**RECORDS FOR THIS EXERCISE**
==================================================

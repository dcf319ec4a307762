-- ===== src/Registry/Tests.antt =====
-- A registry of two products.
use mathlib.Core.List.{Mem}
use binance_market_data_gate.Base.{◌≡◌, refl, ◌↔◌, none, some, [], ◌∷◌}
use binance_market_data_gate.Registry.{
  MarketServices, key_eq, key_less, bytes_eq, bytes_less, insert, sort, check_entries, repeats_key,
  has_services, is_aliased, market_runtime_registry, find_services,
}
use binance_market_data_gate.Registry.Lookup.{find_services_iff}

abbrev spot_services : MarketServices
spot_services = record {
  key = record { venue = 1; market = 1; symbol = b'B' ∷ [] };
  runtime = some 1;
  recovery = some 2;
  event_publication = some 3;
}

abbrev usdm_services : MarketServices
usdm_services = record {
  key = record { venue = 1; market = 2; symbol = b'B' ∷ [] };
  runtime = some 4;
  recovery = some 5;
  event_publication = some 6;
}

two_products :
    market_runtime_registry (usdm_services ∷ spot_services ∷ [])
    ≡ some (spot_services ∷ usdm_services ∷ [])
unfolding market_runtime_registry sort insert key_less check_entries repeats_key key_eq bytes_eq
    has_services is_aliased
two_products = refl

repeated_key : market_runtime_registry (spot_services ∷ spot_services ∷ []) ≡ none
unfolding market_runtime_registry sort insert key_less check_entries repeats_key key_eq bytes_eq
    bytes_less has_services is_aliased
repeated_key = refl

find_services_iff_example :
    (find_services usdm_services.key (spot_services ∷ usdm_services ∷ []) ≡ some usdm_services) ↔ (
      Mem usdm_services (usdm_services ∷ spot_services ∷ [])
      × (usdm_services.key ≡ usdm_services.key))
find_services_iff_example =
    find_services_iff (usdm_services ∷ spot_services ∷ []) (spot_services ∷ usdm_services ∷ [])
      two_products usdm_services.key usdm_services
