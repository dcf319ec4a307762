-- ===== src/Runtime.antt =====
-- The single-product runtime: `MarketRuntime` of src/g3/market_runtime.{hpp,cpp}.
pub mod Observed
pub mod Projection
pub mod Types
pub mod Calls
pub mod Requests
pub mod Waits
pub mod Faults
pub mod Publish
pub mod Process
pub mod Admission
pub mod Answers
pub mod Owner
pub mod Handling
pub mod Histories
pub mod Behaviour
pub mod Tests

==================================================

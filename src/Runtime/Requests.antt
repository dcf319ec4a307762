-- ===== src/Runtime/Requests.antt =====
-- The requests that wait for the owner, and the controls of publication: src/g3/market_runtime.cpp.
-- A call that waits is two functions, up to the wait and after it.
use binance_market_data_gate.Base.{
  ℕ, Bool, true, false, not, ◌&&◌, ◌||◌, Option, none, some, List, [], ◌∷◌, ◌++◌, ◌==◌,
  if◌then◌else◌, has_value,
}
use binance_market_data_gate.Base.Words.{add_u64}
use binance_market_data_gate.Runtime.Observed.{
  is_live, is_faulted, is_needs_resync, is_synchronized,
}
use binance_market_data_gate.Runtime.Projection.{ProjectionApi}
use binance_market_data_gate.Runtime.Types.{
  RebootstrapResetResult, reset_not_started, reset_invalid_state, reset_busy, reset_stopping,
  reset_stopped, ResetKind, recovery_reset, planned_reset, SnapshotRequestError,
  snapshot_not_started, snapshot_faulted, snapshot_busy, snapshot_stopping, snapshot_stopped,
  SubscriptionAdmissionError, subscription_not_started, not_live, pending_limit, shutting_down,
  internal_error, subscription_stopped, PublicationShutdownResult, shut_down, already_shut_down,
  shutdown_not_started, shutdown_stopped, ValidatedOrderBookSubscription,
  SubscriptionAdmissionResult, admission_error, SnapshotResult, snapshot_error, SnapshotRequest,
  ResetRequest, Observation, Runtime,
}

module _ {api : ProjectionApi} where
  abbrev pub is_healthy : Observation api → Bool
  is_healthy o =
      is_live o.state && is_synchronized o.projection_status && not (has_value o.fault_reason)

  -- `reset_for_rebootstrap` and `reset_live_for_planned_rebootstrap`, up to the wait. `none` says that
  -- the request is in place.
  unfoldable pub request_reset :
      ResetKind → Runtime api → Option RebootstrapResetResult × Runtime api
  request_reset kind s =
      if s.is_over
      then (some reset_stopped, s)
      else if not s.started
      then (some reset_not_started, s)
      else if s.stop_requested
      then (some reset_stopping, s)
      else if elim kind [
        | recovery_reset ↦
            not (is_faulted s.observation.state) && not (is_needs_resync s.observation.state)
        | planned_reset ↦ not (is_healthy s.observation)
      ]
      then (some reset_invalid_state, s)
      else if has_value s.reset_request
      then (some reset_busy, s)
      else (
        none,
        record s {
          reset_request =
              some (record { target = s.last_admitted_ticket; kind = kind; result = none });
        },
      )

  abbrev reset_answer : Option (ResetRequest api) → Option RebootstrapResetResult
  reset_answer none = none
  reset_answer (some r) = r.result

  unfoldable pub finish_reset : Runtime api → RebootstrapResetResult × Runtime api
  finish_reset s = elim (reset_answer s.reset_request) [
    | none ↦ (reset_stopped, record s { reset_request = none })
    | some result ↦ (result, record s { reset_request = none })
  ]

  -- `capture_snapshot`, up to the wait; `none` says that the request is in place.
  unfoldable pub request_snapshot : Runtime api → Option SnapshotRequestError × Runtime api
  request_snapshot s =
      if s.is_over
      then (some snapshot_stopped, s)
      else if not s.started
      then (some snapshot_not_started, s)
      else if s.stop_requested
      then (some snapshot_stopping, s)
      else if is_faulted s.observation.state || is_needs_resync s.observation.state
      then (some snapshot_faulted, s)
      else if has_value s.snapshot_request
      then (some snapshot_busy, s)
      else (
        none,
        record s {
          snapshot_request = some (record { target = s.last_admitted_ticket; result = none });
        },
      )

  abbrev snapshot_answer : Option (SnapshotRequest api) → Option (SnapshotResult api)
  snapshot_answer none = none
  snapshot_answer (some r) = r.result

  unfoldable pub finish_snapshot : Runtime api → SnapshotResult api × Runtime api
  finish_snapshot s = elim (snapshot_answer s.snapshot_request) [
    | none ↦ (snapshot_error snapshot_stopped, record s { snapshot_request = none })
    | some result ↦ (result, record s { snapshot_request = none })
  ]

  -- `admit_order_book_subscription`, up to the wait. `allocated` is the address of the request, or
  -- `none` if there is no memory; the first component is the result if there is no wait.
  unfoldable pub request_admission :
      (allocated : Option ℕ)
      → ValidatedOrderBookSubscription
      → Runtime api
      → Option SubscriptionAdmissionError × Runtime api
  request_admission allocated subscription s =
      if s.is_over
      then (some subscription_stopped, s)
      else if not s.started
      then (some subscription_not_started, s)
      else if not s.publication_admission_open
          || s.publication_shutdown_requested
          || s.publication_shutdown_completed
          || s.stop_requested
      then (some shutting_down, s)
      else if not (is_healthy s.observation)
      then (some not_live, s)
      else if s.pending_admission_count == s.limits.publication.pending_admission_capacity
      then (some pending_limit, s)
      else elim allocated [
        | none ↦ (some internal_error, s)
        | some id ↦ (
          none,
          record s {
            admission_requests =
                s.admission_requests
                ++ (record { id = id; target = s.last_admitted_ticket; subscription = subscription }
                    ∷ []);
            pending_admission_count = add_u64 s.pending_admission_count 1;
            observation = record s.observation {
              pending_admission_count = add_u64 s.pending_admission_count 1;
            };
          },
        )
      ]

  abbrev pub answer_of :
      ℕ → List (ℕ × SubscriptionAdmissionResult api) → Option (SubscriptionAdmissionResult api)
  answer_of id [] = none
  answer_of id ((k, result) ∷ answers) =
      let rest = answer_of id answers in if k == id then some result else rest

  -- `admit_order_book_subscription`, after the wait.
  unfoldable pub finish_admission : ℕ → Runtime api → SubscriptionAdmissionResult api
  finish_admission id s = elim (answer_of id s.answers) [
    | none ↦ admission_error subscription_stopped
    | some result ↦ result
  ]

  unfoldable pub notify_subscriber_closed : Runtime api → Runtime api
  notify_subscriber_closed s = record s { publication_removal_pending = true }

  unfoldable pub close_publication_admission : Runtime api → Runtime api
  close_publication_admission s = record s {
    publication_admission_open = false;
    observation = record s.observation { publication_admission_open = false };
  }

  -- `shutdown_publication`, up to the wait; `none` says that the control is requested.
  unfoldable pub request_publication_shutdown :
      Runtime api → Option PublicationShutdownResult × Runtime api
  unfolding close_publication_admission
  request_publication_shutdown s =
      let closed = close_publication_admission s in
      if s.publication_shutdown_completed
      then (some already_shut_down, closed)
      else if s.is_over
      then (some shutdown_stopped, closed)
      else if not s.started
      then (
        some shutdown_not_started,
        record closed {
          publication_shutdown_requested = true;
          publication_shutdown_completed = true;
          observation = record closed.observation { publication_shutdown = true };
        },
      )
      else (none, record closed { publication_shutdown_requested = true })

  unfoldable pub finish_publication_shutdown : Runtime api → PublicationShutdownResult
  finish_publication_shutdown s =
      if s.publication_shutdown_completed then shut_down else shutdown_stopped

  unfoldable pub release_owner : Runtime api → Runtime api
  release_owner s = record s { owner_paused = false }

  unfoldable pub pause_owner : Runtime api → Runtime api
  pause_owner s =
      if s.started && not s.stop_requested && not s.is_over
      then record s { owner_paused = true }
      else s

==================================================

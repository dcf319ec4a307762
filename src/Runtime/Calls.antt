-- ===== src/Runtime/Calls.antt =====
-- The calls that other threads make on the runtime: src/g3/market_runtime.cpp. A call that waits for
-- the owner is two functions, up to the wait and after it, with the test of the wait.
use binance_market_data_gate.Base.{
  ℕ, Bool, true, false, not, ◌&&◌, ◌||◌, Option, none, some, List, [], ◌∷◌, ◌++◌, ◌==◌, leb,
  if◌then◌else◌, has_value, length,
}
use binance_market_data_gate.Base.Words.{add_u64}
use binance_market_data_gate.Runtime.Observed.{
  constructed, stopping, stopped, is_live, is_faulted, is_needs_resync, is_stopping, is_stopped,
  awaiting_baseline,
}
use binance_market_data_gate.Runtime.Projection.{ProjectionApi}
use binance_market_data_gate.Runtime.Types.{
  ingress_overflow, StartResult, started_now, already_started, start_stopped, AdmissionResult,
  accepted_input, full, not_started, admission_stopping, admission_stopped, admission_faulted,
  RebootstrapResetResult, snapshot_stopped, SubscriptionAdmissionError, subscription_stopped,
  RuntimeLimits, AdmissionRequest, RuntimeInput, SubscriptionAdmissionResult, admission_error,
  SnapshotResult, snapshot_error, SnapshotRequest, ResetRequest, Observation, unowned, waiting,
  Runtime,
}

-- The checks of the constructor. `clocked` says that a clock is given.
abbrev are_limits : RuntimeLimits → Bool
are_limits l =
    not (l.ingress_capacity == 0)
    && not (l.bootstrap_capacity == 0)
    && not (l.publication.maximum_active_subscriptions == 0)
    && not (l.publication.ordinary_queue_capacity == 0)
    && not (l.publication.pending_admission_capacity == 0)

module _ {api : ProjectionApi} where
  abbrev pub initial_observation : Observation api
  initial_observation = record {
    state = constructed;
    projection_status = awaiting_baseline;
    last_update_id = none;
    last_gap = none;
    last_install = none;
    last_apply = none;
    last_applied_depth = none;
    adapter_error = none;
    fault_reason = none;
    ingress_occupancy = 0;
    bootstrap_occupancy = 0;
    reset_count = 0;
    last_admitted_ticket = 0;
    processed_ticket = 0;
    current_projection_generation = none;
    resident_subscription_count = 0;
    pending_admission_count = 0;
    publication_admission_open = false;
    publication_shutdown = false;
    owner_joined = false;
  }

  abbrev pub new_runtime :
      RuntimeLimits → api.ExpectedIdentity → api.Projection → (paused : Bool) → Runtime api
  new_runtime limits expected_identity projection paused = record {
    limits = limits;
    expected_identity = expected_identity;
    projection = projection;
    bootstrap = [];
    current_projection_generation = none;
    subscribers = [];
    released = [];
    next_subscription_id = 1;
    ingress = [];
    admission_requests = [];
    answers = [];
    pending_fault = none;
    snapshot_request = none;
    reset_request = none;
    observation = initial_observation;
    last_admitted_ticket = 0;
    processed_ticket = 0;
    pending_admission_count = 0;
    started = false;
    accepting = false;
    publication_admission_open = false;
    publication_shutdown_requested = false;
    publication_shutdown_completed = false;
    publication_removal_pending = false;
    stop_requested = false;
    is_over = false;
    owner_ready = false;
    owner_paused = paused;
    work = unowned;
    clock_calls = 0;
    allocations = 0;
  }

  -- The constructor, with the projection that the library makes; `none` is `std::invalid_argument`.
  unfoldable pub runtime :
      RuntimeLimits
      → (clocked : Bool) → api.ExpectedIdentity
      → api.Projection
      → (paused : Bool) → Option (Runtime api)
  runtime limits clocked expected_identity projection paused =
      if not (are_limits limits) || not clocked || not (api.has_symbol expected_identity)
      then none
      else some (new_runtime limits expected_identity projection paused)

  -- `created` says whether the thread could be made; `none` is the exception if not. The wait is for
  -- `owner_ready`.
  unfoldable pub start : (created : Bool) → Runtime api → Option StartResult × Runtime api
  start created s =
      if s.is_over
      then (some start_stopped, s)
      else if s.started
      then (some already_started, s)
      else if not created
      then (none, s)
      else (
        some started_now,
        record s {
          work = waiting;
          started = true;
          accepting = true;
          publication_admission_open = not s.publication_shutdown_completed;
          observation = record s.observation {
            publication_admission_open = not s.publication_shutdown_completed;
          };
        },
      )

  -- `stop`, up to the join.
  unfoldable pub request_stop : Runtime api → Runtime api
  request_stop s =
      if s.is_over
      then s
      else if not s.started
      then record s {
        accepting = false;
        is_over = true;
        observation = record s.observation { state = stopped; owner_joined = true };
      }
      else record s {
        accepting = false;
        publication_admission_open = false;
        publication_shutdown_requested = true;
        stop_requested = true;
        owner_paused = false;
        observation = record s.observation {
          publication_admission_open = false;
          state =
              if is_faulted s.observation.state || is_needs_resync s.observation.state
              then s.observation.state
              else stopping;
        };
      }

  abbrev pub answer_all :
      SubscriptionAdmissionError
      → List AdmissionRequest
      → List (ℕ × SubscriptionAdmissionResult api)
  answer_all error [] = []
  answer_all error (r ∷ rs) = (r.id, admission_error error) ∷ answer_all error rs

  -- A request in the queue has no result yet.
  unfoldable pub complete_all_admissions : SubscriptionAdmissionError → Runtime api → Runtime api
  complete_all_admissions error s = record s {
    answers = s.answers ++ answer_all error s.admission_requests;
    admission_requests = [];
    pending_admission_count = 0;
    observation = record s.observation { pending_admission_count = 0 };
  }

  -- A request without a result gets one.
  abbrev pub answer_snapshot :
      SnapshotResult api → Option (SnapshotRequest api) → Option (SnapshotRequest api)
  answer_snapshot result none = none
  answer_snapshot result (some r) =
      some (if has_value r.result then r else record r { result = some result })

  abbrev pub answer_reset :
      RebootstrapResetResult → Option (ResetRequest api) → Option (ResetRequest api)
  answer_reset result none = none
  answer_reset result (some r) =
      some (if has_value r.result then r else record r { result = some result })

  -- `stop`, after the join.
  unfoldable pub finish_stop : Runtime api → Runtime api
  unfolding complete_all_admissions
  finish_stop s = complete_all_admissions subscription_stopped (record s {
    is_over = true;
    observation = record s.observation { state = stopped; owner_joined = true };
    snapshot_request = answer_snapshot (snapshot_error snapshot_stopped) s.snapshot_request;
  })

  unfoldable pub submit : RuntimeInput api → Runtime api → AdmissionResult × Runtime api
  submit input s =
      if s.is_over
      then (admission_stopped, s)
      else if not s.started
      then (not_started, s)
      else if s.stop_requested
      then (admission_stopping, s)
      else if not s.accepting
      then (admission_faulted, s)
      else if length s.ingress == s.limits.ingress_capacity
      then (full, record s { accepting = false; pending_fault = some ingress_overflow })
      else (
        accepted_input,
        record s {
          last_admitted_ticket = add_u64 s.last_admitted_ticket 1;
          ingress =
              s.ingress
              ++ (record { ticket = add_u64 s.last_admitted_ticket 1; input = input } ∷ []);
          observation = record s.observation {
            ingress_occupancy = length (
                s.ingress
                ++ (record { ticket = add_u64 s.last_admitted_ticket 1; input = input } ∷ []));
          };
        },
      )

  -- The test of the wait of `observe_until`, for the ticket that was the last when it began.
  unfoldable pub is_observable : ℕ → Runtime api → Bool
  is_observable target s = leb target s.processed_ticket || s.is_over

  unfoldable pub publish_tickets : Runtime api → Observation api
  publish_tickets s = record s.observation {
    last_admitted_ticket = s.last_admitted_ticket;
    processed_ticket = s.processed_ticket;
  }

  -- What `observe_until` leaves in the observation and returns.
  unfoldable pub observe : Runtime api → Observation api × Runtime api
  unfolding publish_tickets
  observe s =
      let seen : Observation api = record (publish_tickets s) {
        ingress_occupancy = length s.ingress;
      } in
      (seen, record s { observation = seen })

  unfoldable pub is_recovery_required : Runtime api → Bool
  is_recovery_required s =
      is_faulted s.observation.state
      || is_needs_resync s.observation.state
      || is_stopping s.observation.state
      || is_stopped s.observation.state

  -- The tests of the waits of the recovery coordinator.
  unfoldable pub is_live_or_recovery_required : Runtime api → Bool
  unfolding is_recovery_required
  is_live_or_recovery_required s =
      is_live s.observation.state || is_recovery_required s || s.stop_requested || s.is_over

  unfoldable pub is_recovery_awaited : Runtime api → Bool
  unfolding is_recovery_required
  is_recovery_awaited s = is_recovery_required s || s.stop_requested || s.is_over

==================================================

**WORK REQUEST**
Copy out every line in the records where the word "filename" is found.

**OUTPUT FOR THIS TASK**
filename src/Runtime/Requests.antt
filename src/Runtime/Calls.antt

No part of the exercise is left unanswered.